▶ _Aim of the exercise_: Show all lines containing "Client" from the data below.

- - - - -

-- ===== src/Client/Context.antt =====
-- cpp/include/nsb.h and cpp/src/nsb.cc: the life of a `RedisConnector`: its constructor, `connect`,
-- `isConnected`, `disconnect` and its destructor; and `testRedisConnector` of cpp/nsb_test.cc.
use nsb_beta.Base.{
  ℕ, ◌≤◌, ◌≡◌, Bool, true, false, Option, none, some, List, [], ◌∷◌, ◌++◌, arith, if◌then◌else◌,
  length, Bytes, c_str, ℤ,
}
use nsb_beta.Outcome.{Outcome, ok, fault, null_pointer, ◌>>=◌}
use nsb_beta.Client.Redis.{Redis, Connector, new_connector, store, check_out}

-- `address` and `port` of a connector, its identifier and counter, and `context`.
pub record RedisConnector (r : Redis) : Type 0 where
  pub base : Connector
  pub address : Bytes
  pub port : ℤ
  pub context : Option r.State

-- What happens to a context.
pub data ContextAction : Type 0 where
  makes frees : ContextAction

-- `redis_connect` is `redisConnect`: a null pointer, or a context with or without an error.
module _ (r : Redis) (redis_connect : Bytes → ℤ → Option r.State) where
  -- `isConnected`
  unfoldable pub is_connected : Option r.State → Bool
  is_connected none = false
  is_connected (some s) = r.connected s

  -- `connect`: it reads the error of the context without a look whether there is one.
  unfoldable pub connect : Bytes → ℤ → Outcome (Bool × Option r.State)
  unfolding c_str
  connect address port = elim (redis_connect (c_str address) port) [
    | none ↦ fault null_pointer
    | some s ↦ ok (r.connected s, some s)
  ]

  -- The constructor, and what it leaves in the caller's variable: the address is moved out of it.
  unfoldable pub new_redis_connector : Bytes → Bytes → ℤ → Outcome (RedisConnector r × Bytes)
  unfolding connect
  new_redis_connector id address port = do
    (_, context) ← connect address port
    ok (record { base = new_connector id; address = address; port = port; context = context }, [])

  -- The destructor: `disconnect` only if the connection is good.
  unfoldable pub destroy : RedisConnector r → List ContextAction
  unfolding is_connected
  destroy c = if is_connected c.context then frees ∷ [] else []

  unfoldable pub store_with : ℕ → Bytes → RedisConnector r → Bytes × RedisConnector r
  unfolding store
  store_with now value c = elim c.context [
    | none ↦ ([], c)
    | some s ↦
        let (key, base, s') = store r now value c.base s in
        (key, record c { base = base; context = some s' })
  ]

  unfoldable pub check_out_with : Bytes → RedisConnector r → Outcome (Bytes × RedisConnector r)
  unfolding check_out
  check_out_with key c = elim c.context [
    | none ↦ ok ([], c)
    | some s ↦ (check_out r key s >>= λ (v, s'). ok (v, record c { context = some s' }))
  ]

  -- `testRedisConnector`: the payload that is received, and what happened to the contexts.
  unfoldable pub test_redis_connector :
      Bytes → Bytes → Bytes → ℤ → ℕ → Bytes → Outcome (Bytes × List ContextAction)
  unfolding new_redis_connector store_with check_out_with destroy
  test_redis_connector this_app that_app address port now payload = do
    (this_conn, address') ← new_redis_connector this_app address port
    (that_conn, _) ← new_redis_connector that_app address' port
    let (key, this_conn') = store_with now payload this_conn
    (received, that_conn') ← check_out_with key that_conn
    ok (received, makes ∷ makes ∷ (destroy that_conn' ++ destroy this_conn'))

  abbrev connector : Bytes → Bytes → ℤ → r.State → RedisConnector r
  connector id address port s = record {
    base = new_connector id;
    address = address;
    port = port;
    context = some s;
  }

  new_redis_connector_lem :
      (id a : Bytes) (port : ℤ) (s : r.State)
      → redis_connect (c_str a) port ≡ some s
      → new_redis_connector id a port ≡ ok (connector id a port s, [])
  unfolding new_redis_connector
  new_redis_connector_lem id a port s e = rw (e, connect)

  check_out_with_offline :
      (key id a : Bytes) (port : ℤ) (s : r.State)
      → r.connected s ≡ false
      → check_out_with key (connector id a port s) ≡ ok ([], connector id a port s)
  unfolding check_out_with check_out
  check_out_with_offline key id a port s e = rw e

  destroy_offline :
      (id a : Bytes) (port : ℤ) (s : r.State)
      → r.connected s ≡ false
      → destroy (connector id a port s) ≡ []
  unfolding destroy is_connected
  destroy_offline id a port s e = rw e

  -- Of two connectors that are made with the same variable the second has no address. If a server
  -- answers at the address and hiredis makes a context without a connection where there is no
  -- address, as it does, then what the first stores the second does not check out, and at most one
  -- of the two contexts is freed.
  pub second_connector_offline :
      (this_app that_app address : Bytes) (port : ℤ) (first offline : r.State) (now : ℕ)
      (payload : Bytes)
      → redis_connect (c_str address) port ≡ some first
      → redis_connect [] port ≡ some offline
      → r.connected offline ≡ false
      → (frees : List ContextAction) × (test_redis_connector this_app that_app address port now
            payload
          ≡ ok ([], makes ∷ makes ∷ frees))
        × (length frees ≤ 1)
  unfolding test_redis_connector destroy
  second_connector_offline this_app that_app address port first offline now payload h k off = (
    destroy (store_with now payload (connector this_app address port first)).1,
    rw (new_redis_connector_lem this_app address port first h) (
        rw (new_redis_connector_lem that_app [] port offline k) (
          rw (
            check_out_with_offline
                (store_with now payload (connector this_app address port first)).0 that_app [] port
                offline off,
            destroy_offline that_app [] port offline off,
          ))),
    at_most_one
        (is_connected (store_with now payload (connector this_app address port first)).1.context),
  )
    where
      at_most_one : (b : Bool) → length {A = ContextAction} (if b then frees ∷ [] else []) ≤ 1
      at_most_one true = omega arith
      at_most_one false = omega arith
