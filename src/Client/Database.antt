-- ===== src/Client/Database.antt =====
-- `RedisConnector` of cpp/src/nsb.cc over a server that works as documented.
use nsb_beta.Base.{
  ℕ, ◌≡◌, refl, ap, ◌∙◌, true, false, none, some, [], ◌∷◌, ◌++◌, arith, if◌then◌else◌, is_empty,
  Bytes, codes, str_eq, str_eq_refl, c_str, Lacks, c_str-Lacks, to_int32, to_string,
}
use nsb_beta.Outcome.{ok}
use nsb_beta.Client.Redis.{Redis, IsLawful, Connector, generate_payload_id, store, check_out}

module _ (r : Redis) (l : IsLawful r) where
  store_connected :
      (now : ℕ) (p : Bytes) (c : Connector) (s : r.State)
      → r.connected s ≡ true
      → let (key, c') = generate_payload_id now c in
        store r now p c s ≡ (key, c', (r.command s (codes "SET" ∷ c_str key ∷ c_str p ∷ [])).0)
  unfolding store
  store_connected now p c s h = rw h (rw (l.set_connected s _ _ h))

  check_out_stored :
      (key v : Bytes) (s : r.State)
      → r.connected s ≡ true
      → l.stored s (c_str key) ≡ some v
      → check_out r key s ≡ ok (v, (r.command s (codes "GETDEL" ∷ c_str key ∷ [])).0)
  unfolding check_out
  check_out_stored key v s h e =
      rw h (rw (l.getdel_connected s _ h) (rw (l.getdel_reply s _ h) (rw e)))

  -- Over a good connection a payload that is stored is checked out under the returned key, as far
  -- as its first NUL byte; the connection is then still good, the key holds nothing, and no other
  -- key has changed its value.
  pub check_out-store :
      (now : ℕ) (p : Bytes) (c : Connector) (s : r.State)
      → r.connected s ≡ true
      → let stored = store r now p c s in
        (s' : r.State) × (check_out r stored.0 stored.2 ≡ ok (c_str p, s'))
        × (r.connected s' ≡ true)
        × ((j : Bytes) → l.stored s' j ≡ (if str_eq (c_str stored.0) j then none else l.stored s j))
  check_out-store now p c s h =
      let key : Bytes = (generate_payload_id now c).0 in
      let s1 : r.State = (r.command s (codes "SET" ∷ c_str key ∷ c_str p ∷ [])).0 in
      let h1 : r.connected s1 ≡ true = l.set_connected s _ _ h in
      let e : l.stored s1 (c_str key) ≡ some (c_str p) =
        rw (l.set_stored s (c_str key) (c_str p) (c_str key) h, str_eq_refl (c_str key)) in
      rw (store_connected now p c s h) (
        (r.command s1 (codes "GETDEL" ∷ c_str key ∷ [])).0,
        check_out_stored key (c_str p) s1 h1 e,
        l.getdel_connected s1 _ h1,
        λ j.
            ground (
              arith,
              l.getdel_stored s1 (c_str key) j h1,
              l.set_stored s (c_str key) (c_str p) j h,
            ),
      )

  -- A key is never empty, so that an entry that carries it exists.
  pub store_key :
      (now : ℕ) (p : Bytes) (c : Connector) (s : r.State)
      → r.connected s ≡ true
      → is_empty (store r now p c s).0 ≡ false
  unfolding generate_payload_id
  store_key now p c s h = rw (store_connected now p c s h) (some_dash (to_string (to_int32 now)) _)
    where
      some_dash : (xs ys : Bytes) → is_empty (xs ++ b'-' ∷ ys) ≡ false
      some_dash [] ys = refl
      some_dash (x ∷ xs) ys = refl

  -- What is left of the database after a payload was stored and checked out.
  pub record Returned (key p : Bytes) (before stored : r.State) : Type 0 where
    pub after : r.State
    pub checked_out : check_out r key stored ≡ ok (p, after)
    pub still_connected : r.connected after ≡ true
    pub others_kept :
        (j : Bytes) → l.stored after j ≡ (if str_eq (c_str key) j then none else l.stored before j)

  pub store-Returned :
      (now : ℕ) (p : Bytes) (c : Connector) (s : r.State)
      → r.connected s ≡ true
      → Lacks 0 p
      → Returned (store r now p c s).0 p s (store r now p c s).2
  store-Returned now p c s h clean =
      let (after, e, k, others) = check_out-store now p c s h in
      record {
        after = after;
        checked_out = e ∙ ap (λ v. ok (v, after)) (c_str-Lacks p clean);
        still_connected = k;
        others_kept = others;
      }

- - - - -

▶ _Exercise result_:
-- ===== src/Client/Context.antt =====
use nsb_beta.Client.Redis.{Redis, Connector, new_connector, store, check_out}
filename src/Client/Database.antt
-- ===== src/Client/Database.antt =====
use nsb_beta.Client.Redis.{Redis, IsLawful, Connector, generate_payload_id, store, check_out}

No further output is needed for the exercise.